* **Task objective**: Below are some records; quote exactly the lines from the one that contains "-- A whole exchange: the" through the one that contains "-- src/anj/exchange.h asks", inclusive, and no others.

* **Source data**:
★ ★ ★ ★ ★

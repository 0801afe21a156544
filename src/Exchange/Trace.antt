-- ===== src/Exchange/Trace.antt =====
-- A whole exchange: the calls that its user makes, in any order. `_anj_exchange_process` asserts one of
-- the two waiting states, so that it is not called once the exchange is finished (the loop that
-- src/anj/exchange.h asks of the user of the module); `_anj_exchange_terminate` may be called at any
-- time, as src/anj/core/core.c does.
use anjay_lite.Base.{List, [], ◌∷◌, if◌then◌else◌}
use anjay_lite.Coap.{Msg}
use anjay_lite.Exchange.Process.{process, terminate}
use anjay_lite.Exchange.{Ctx, Event, Platform, Result, is_state, finished}

pub data Call : Type 0 where
  processes : Platform → Event → Msg → Call
  terminates : Result → Call

module _ {A : Type 0} where
  unfoldable pub call : Ctx A → Call → Ctx A
  call ctx (processes p event msg) =
      if is_state ctx.state finished then ctx else (process p ctx event msg).0
  call ctx (terminates reason) = terminate ctx reason

  unfoldable pub run : Ctx A → List Call → Ctx A
  run ctx [] = ctx
  run ctx (c ∷ cs) = run (call ctx c) cs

★ ★ ★ ★ ★

* **Written answer**:
-- A whole exchange: the calls that its user makes, in any order. `_anj_exchange_process` asserts one of
-- the two waiting states, so that it is not called once the exchange is finished (the loop that
-- src/anj/exchange.h asks of the user of the module); `_anj_exchange_terminate` may be called at any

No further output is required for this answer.